Will Mail Aegis work with my on premises email server?


Yes - absolutely. Mail Aegis is a great way to keep your on premises mail servers from being directly visible from the internet. We can even sign your outbound mail with your DKIM key so that it's fully compliant (and you don't have to set it up yourself).

I already use Google Workspace or Microsoft 365. Aren't I already protected?


Google & Microsoft both provide some protection, They will check DMARC, MTA-STS etc, but if you haven't configured your records, there is nothing for them to check, leaving you wide open to email spoofing etc. They also carry out some basic anti-malware and phishing checks, but these are not comprehensive, and let a lot of messages through that you really don't want to receive. This is why they have designed their platforms to integrate with 3rd party security platforms such as Mail Aegis, because two sets of eyes is always better than one.

If I use Mail Aegis, do I still need AntiVirus software?


Mail Aegis doesn't replace anything, it is designed to provide additional layers of protection. You should definitely be using Anti Malware software everywhere (yes - even on Mac or Linux machines).

Mail Aegis keeps bouncing messages from my customer/supplier/bank etc.


Mail Aegis requires that mail servers connecting to it handshake properly.
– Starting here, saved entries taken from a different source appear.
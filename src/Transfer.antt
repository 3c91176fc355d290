-- ===== src/Transfer.antt =====
-- cpp_gateway/src/connection/serial_port.cpp and tcp_socket.cpp: the loops that move bytes. What the
-- system calls return is an argument, call by call.
pub mod Prefix
use stm32_board.Base.{
  ℕ, zero, suc, ◌+◌, ◌-◌, List, [], ◌∷◌, ◌++◌, Bool, true, false, Option, none, some, ◌==◌,
  if◌then◌else◌, length, take, drop,
}

pub data Errno : Type 0 where
  intr again other : Errno

-- A result that is not negative, or an error. A read's result is the bytes that it stored.
pub data Ret (A : Type 0) : Type 0 where
  count : A → Ret A
  error : Errno → Ret A

-- `SerialPort::read_exact`: whether it succeeds, `none` while it still waits, and what it stored.
unfoldable pub read_exact : List (Ret (List ℕ)) → ℕ → Option Bool × List ℕ
read_exact rets zero = (some true, [])
read_exact [] (suc n) = (none, [])
read_exact (count bytes ∷ rets) (suc n) =
    let (ok, got) = read_exact rets (suc n - length bytes) in
    if length bytes == 0 then (some false, []) else (ok, bytes ++ got)
read_exact (error intr ∷ rets) (suc n) = read_exact rets (suc n)
read_exact (error again ∷ rets) (suc n) = (some false, [])
read_exact (error other ∷ rets) (suc n) = (some false, [])

-- `SerialPort::write_all`: the same, with the bytes that the line took.
unfoldable pub write_all : List (Ret ℕ) → List ℕ → Option Bool × List ℕ
write_all rets [] = (some true, [])
write_all [] (b ∷ data_) = (none, [])
write_all (count n ∷ rets) (b ∷ data_) =
    let (ok, sent) = write_all rets (drop n (b ∷ data_)) in
    if n == 0 then (some false, []) else (ok, take n (b ∷ data_) ++ sent)
write_all (error intr ∷ rets) (b ∷ data_) = write_all rets (b ∷ data_)
write_all (error again ∷ rets) (b ∷ data_) = (some false, [])
write_all (error other ∷ rets) (b ∷ data_) = (some false, [])

-- What a `send` returns; of one that would block, whether the `poll` behind it finds the socket
-- writable.
pub data Send : Type 0 where
  sends : ℕ → Send
  blocks : Bool → Send
  fails : Send

unfoldable pub send_loop : List Send → List ℕ → Option Bool × List ℕ
send_loop calls [] = (some true, [])
send_loop [] (b ∷ data_) = (none, [])
send_loop (sends n ∷ calls) (b ∷ data_) =
    let (ok, sent) = send_loop calls (drop n (b ∷ data_)) in
    if n == 0 then (some false, []) else (ok, take n (b ∷ data_) ++ sent)
send_loop (blocks writable ∷ calls) (b ∷ data_) =
    let rest = send_loop calls (b ∷ data_) in if writable then rest else (some false, [])
send_loop (fails ∷ calls) (b ∷ data_) = (some false, [])

-- `TcpSocket::send_all`
unfoldable pub send_all : Bool → List Send → List ℕ → Option Bool × List ℕ
send_all is_open calls data_ = if is_open then send_loop calls data_ else (some false, [])

-- `TcpSocket::try_send`: whether it succeeds, and `out_nbytes`.
unfoldable pub try_send : Bool → Ret ℕ → Bool × ℕ
try_send false ret = (false, 0)
try_send true (count n) = if n == 0 then (false, 0) else (true, n)
try_send true (error again) = (true, 0)
try_send true (error intr) = (true, 0)
try_send true (error other) = (false, 0)

-- The loop of `TcpSocket::recv_all`.
unfoldable pub recv_loop : List (Ret (List ℕ)) → ℕ → Option Bool × List ℕ
recv_loop rets zero = (some true, [])
recv_loop [] (suc n) = (none, [])
recv_loop (count bytes ∷ rets) (suc n) =
    let (ok, got) = recv_loop rets (suc n - length bytes) in
    if length bytes == 0 then (some false, []) else (ok, bytes ++ got)
recv_loop (error e ∷ rets) (suc n) = (some false, [])

unfoldable pub recv_all : Bool → List (Ret (List ℕ)) → ℕ → Option Bool × List ℕ
recv_all is_open rets n = if is_open then recv_loop rets n else (some false, [])

-- `TcpSocket::try_recv`: whether it succeeds, and the bytes that it stored.
unfoldable pub try_recv : Bool → Ret (List ℕ) → Bool × List ℕ
try_recv false ret = (false, [])
try_recv true (count bytes) = if length bytes == 0 then (false, []) else (true, bytes)
try_recv true (error again) = (true, [])
try_recv true (error intr) = (true, [])
try_recv true (error other) = (false, [])
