-- ===== src/Client.antt =====
-- cpp_gateway/app/tcp_client.cpp: the command line client. Its log lines are left out, not what the
-- state line shows. The number parsers of the library are a parameter.
pub mod Arguments
pub mod Receiving
pub mod Sending
pub mod Sent
pub mod Main
pub mod Watching
use Prim.Native.String.{String}
use stm32_board.Base.{
  ℕ, zero, suc, ◌+◌, ◌%◌, ◌^◌, List, [], ◌∷◌, ◌++◌, Bool, true, false, not, ◌&&◌, ◌==◌, leb, ltb,
  if◌then◌else◌, Option, none, some, length, take, drop, get_or, bit_and,
}
use stm32_board.Base.Int.{ℤ, pos, to_unsigned, to_signed}
use stm32_board.Core.{MotorCommands}
use stm32_board.Float.{Fpu, f64_zero, f64_one}
use stm32_board.Wire.{read_u32_le, read_i32_le, read_f32_le}
use stm32_board.Wire.Payloads.{encode_cmd_payload, encode_setpoint_payload, encode_config_payload}
use stm32_board.Wire.Messages.{MotorCmdPayload, SetpointPayload, ConfigPayload, states_payload_size}
use stm32_board.Framed.{
  FrameRx, Frame, msg_state, msg_cmd, msg_setpoint, msg_config, make_hdr, hdr_bytes, receive,
}
use stm32_board.Transfer.{Ret, try_send, try_recv}

-- 10.0 and 50.0
abbrev f64_ten : ℕ
f64_ten = 0x4024_0000_0000_0000

abbrev f64_fifty : ℕ
f64_fifty = 0x4049_0000_0000_0000

-- `Config`
pub record ClientConfig : Type 0 where
  pub server_ip : String
  pub state_port : ℕ
  pub cmd_port : ℕ
  pub print_hz : ℕ
  pub cmd_hz : ℕ
  pub m1 : ℤ
  pub m2 : ℤ
  pub m3 : ℤ
  pub m4 : ℤ
  pub beep_ms : ℤ
  pub flags : ℕ
  pub setpoint_hz : ℕ
  pub sp0 : ℕ
  pub sp1 : ℕ
  pub sp2 : ℕ
  pub sp3 : ℕ
  pub sp_flags : ℕ
  pub send_config : Bool
  pub cfg_key : ℕ
  pub cfg_u8 : ℕ
  pub cfg_u16 : ℕ
  pub cfg_u32 : ℕ

abbrev pub default_client : ClientConfig
default_client = record {
  server_ip = "127.0.0.1";
  state_port = 30001;
  cmd_port = 30002;
  print_hz = f64_ten;
  cmd_hz = f64_fifty;
  m1 = pos 0;
  m2 = pos 0;
  m3 = pos 0;
  m4 = pos 0;
  beep_ms = pos 0;
  flags = 0;
  setpoint_hz = f64_zero;
  sp0 = 0;
  sp1 = 0;
  sp2 = 0;
  sp3 = 0;
  sp_flags = 0;
  send_config = false;
  cfg_key = 0;
  cfg_u8 = 0;
  cfg_u16 = 0;
  cfg_u32 = 0;
}

-- The buffer of `send_frame` up to `total`: a payload is at most 255 bytes.
unfoldable pub frame_buffer : ℕ → List ℕ → List ℕ
frame_buffer type_ payload = hdr_bytes (make_hdr type_ (length payload)) ++ payload

-- The loop of `send_frame` over at most `it` turns; in each, whether `g_run` is set and what the `send`
-- behind `try_send` returns. Nothing while it still waits, and the bytes that were sent.
unfoldable pub send_turns : ℕ → List (Bool × Ret ℕ) → List ℕ → Option Bool × List ℕ
send_turns zero turns data_ = (some false, [])
send_turns (suc it) [] data_ = (none, [])
send_turns (suc it) ((g_run, ret) ∷ turns) data_ =
    let (ok, sent) = try_send true ret in
    let (done, more) = send_turns it turns (drop sent data_) in
    if not g_run
    then (some false, [])
    else if not ok
    then (some false, [])
    else if ltb 0 sent && leb (length data_) sent
    then (some true, take sent data_)
    else (done, take sent data_ ++ more)

abbrev pub max_iters : ℕ
max_iters = 200

unfoldable pub send_frame : List (Bool × Ret ℕ) → ℕ → List ℕ → Option Bool × List ℕ
send_frame turns type_ payload = send_turns max_iters turns (frame_buffer type_ payload)

abbrev pub blank : ℕ → List ℕ
blank zero = []
blank (suc n) = 0 ∷ blank n

-- The frame of the one-shot configuration message.
unfoldable pub config_payload : ClientConfig → ConfigPayload
config_payload c = record {
  seq = 1;
  key = c.cfg_key;
  u8 = c.cfg_u8;
  u16 = c.cfg_u16;
  u32 = c.cfg_u32;
}

unfoldable pub config_frame : ClientConfig → Option Frame
config_frame c =
    if c.send_config
    then some (record {
      type_ = msg_config;
      payload = (encode_config_payload (blank 12) (config_payload c)).1;
    })
    else none

-- `static_cast<int16_t>` of an int.
abbrev pub to_i16 : ℤ → ℤ
to_i16 v = to_signed 16 (to_unsigned 16 v)

-- The motor command number `seq`.
unfoldable pub motor_payload : ClientConfig → ℕ → MotorCmdPayload
motor_payload c seq = record {
  seq = seq;
  motors = record { m1 = to_i16 c.m1; m2 = to_i16 c.m2; m3 = to_i16 c.m3; m4 = to_i16 c.m4 };
}

unfoldable pub motor_frame : ClientConfig → ℕ → Frame
motor_frame c seq = record {
  type_ = msg_cmd;
  payload = (encode_cmd_payload (blank 12) (motor_payload c seq)).1;
}

-- `std::clamp(sp_flags & 0xFF, 0, 255)` changes nothing.
unfoldable pub setpoint_payload : ClientConfig → ℕ → SetpointPayload
setpoint_payload c seq = record {
  seq = seq;
  sp0 = c.sp0;
  sp1 = c.sp1;
  sp2 = c.sp2;
  sp3 = c.sp3;
  flags = c.sp_flags % 2 ^ 8;
}

unfoldable pub setpoint_frame : ClientConfig → ℕ → Frame
setpoint_frame c seq = record {
  type_ = msg_setpoint;
  payload = (encode_setpoint_payload (blank 21) (setpoint_payload c seq)).1;
}

-- A sender thread as a whole: the rounds up to a stop or a frame that is not sent. In each round,
-- whether `g_run` is set before it, and the turns of `send_frame`. The bytes that go out.
unfoldable pub sender : (ℕ → Frame) → List (Bool × List (Bool × Ret ℕ)) → ℕ → List ℕ
sender frame [] seq = []
sender frame ((g_run, turns) ∷ rounds) seq =
    let seq' = (seq + 1) % 2 ^ 32 in
    let f = frame seq' in
    let (ok, sent) = send_frame turns f.type_ f.payload in
    let rest = sender frame rounds seq' in
    if not g_run then [] else elim ok [ some true ↦ sent ++ rest | _ ↦ sent ]

unfoldable pub cmd_thread : Fpu → ClientConfig → List (Bool × List (Bool × Ret ℕ)) → List ℕ
cmd_thread fpu c rounds = if fpu.le c.cmd_hz f64_zero then [] else sender (motor_frame c) rounds 0

unfoldable pub setpoint_thread : Fpu → ClientConfig → List (Bool × List (Bool × Ret ℕ)) → List ℕ
setpoint_thread fpu c rounds =
    if fpu.le c.setpoint_hz f64_zero then [] else sender (setpoint_frame c) rounds 0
Unfortunately, not only spammers & scammers have poorly configured mail servers - sometimes these belong to our customers, suppliers, and even banks. We are here to help though. We can help you tell them what is wrong with their mail server so that they can fix it, or if that is not possible/practical, we can allow-list them depending on the problem.

Do you keep a copy of my email on your servers?


No. We don't even have a quarantine facility by design. Although we do keep logs for a short time. We will NEVER share or sell customer data. Your privacy is our priority.

If you don't quarantine messages then how do I release suspected messages?


We mark suspected messages as spam or phishing, and forward them to your email provider, They will either quarantine them for you, or deliver them to your inbox clearly marked as suspected spam or phishing. If we really don't like the look of something, then we will either drop the connection to the sending server before the message is even sent (we can tell a lot about the trustworthiness of a sender just from the initial handshake), or we will bounce it during the analysis phase. Either way, a valid sender will know that the message was not delivered, and why not.

Which countries is Mail Aegis available in?


As a cloud service, Mail Aegis is available everywhere.

What are your billing and payment options?


We offer a choice of monthly or annual billing, and we can accept payment by direct bank transfer or by credit card.